Segment Start: Supplied records

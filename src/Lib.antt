-- ===== src/Lib.antt =====
-- Verification of the parking system: its backend with the reservations-worker, and its services
-- for payments, logins, sockets, mail and audit.
--
-- The program. backend keeps branches, parking slots, reservations and parking sessions in
-- PostgreSQL. A driver reserves a slot; an assignment policy picks the branch and the slot; the
-- entry of the car confirms the reservation and opens a session; the exit is allowed once the
-- session is paid, closes it and frees the slot; a sweep expires the reservations nobody used.
-- payments-service charges a session through one of four methods of payment and answers backend's
-- questions over gRPC; it asks backend for the quote of a session the same way, so that each of the
-- two reads what the other keeps. Calls between services go through a circuit breaker. auth-service
-- holds the users, their passwords and their second factor (TOTP and backup codes), and signs the
-- tokens that the other programs verify. Reservations come in over HTTP, are queued in RabbitMQ, and
-- are made by the worker, which answers through realtime-service. backend and payments-service
-- publish to it what the sockets should hear of, and to Kafka what audit-service stores and
-- notifications-service sends by mail.
--
-- The files.
--   Base              shared names, Boolean tests, tables as lists of rows with a key, a stable sort
--   Domain            backend/src/core/domain/enums, entities and errors
--   World             the tables as a record (backend/prisma/schema.prisma), the announcements to
--                     realtime, mail and audit as a log (core/ports/out), the environment of a
--                     request, and the monad in which a use case runs
--   Repositories      backend/src/adapters/out/persistence/prisma: one function per query or update
--   Policies          backend/src/core/domain/policies: slot assignment (DefaultSlotAssignmentPolicy,
--                     BalancedSlotAssignmentPolicy), eligibility, pricing, entry and exit
--   UseCases          backend/src/core/application/use-cases: one module per use case, with the
--                     outcome of each branch and the effect on the invariant in its child modules;
--                     the reading use cases are in Queries and Lists, the admin ones in Admin
--   Invariant         what the tables always satisfy, and what each repository update does to it
--   System            the requests of backend that write (ports of core/ports/in), and the states a
--                     sequence of them reaches
--   Breaker           adapters/out/resilience/circuit-breaker.ts of backend; the copies in gateway
--                     and payments-service have the same text
--   Payments          payments-service/src: the payment table, the methods of payment with their
--                     router, RegisterPaymentUseCase with its top-up, the sums by branch
--   Checkout          both gRPC conversations between backend and payments-service, put together:
--                     a payment followed by an exit, a rejected payment that keeps
--                     the barrier closed, and the revenue report
--   Auth              auth-service/src: LoginUseCase, RegisterUserUseCase, the MFA use cases and
--                     Rfc6238TotpAdapter, with its base32 in Base32; Tokens is JwtTokenAdapter, Social
--                     the logins with Google and Facebook and the adapters that check their tokens
--   Http              backend/src/adapters/in/http: the five controllers, JwtAuthGuard, RolesGuard and
--                     DomainExceptionFilter
--   Worker            backend/src/adapters/in/messaging: ReservationRequestConsumer, with the queue as
--                     RabbitMQ documents it: deliveries within the prefetch, and verdicts
--   Realtime          realtime-service/src: the sockets with their rooms and the relay; Publisher is
--                     what backend and payments-service publish for it (adapters/out/realtime)
--   Audit             audit-service/src: the consumer, the store, and the server of the events
--   Notifications     notifications-service/src: the consumer with its attempts to send a mail
--   Tests             sample tables and requests, and the runs of the theorems on them
--
-- State and errors. A use case is a function from the tables to a result and the tables after it:
-- `ok` with a value, or an error with what had been written by then, since the code opens no
-- transaction round a use case. One SQL statement is one atomic update. Errors are the classes of
-- core/domain/errors, with record_not_found and unique_violation for the refusals of Prisma,
-- type_error for a read of a missing object, and call_failed for a remote call that fails.
--
-- Values. Identifiers and texts of backend are natural numbers that order as their collation does,
-- 0 being the empty text; the texts auth-service reads character by character are lists of ASCII
-- codes. Dates are milliseconds since the epoch. Money is in cents, the unit of the Decimal(10,2)
-- columns and of toFixed(2). Floating-point numbers are bit patterns, and their operations are a
-- record of parameters (DoubleOps) with the laws of the order as named hypotheses; NaN is left out.
--
-- Parameters. The clock is read once per request (Env.now). The services backend calls (QR codes,
-- user lookup, payments-service) answer once per request, with failure as one of the answers;
-- Checkout replaces the answer of payments-service by what its model computes. HMAC, bcrypt and the
-- cipher of the secrets are functions that the auth model takes. The JWT library is a record (Jose);
-- what it documents of the tokens in question is a hypothesis (IsSigned, HasClaims). Where a program
-- only verifies, the library's check at the time of the call is a function from tokens to claims.
-- What Google and Facebook answer, whether a mail server takes a mail, the JSON of a message and the
-- date in a text are functions; that socket.io delivers a broadcast to the union of its rooms is a
-- hypothesis (IsUnion). In Http, payments-service is asked about the period that a request gives.
--
-- Termination. The loops of the source that are modelled run over a list of rows, candidates, steps
-- or messages, or up to a constant, and are structural recursion on it. The inner loop of base32Encode
-- takes the number of its bits as fuel: it consumes five of them a round, and is shown to end by its
-- own test.
--
-- Simplifications. Requests run one after another, so that the rows SKIP LOCKED would skip are not
-- there; the calls of the circuit breaker do overlap, an admission and an ending being two steps.
-- The worker handles one message at a time as one step. Lost connections to the database are left
-- out. Message ids (eventId) are left out of the log. A payment's missing amount below the tolerance
-- is cut at 0. The TOTP clock stands past the first step of the epoch.
--
-- Not modelled: frontend, gateway (but for its breaker), the scheduler and the gRPC controllers, which
-- hand calls on; the connections to RabbitMQ and Kafka with their reconnection; the HMAC of the QR
-- codes, bcrypt and AES-GCM, which call libraries; the texts of mails, the validation of bodies,
-- metrics, dependency injection and seeds.
pub mod Base
pub mod Domain
pub mod World
pub mod Repositories
pub mod Policies
pub mod UseCases
pub mod Invariant
pub mod System
pub mod Breaker
pub mod Payments
pub mod Checkout
pub mod Auth
pub mod Realtime
pub mod Audit
pub mod Notifications
pub mod Http
pub mod Worker
pub mod Tests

Segment End: Supplied records

--- Required action ---
The word "codes" may appear in several lines of the data; copy every line where it does.

--- Response ---
-- holds the users, their passwords and their second factor (TOTP and backup codes), and signs the
-- codes. Dates are milliseconds since the epoch. Money is in cents, the unit of the Decimal(10,2)
-- Parameters. The clock is read once per request (Env.now). The services backend calls (QR codes,
-- codes, bcrypt and AES-GCM, which call libraries; the texts of mails, the validation of bodies,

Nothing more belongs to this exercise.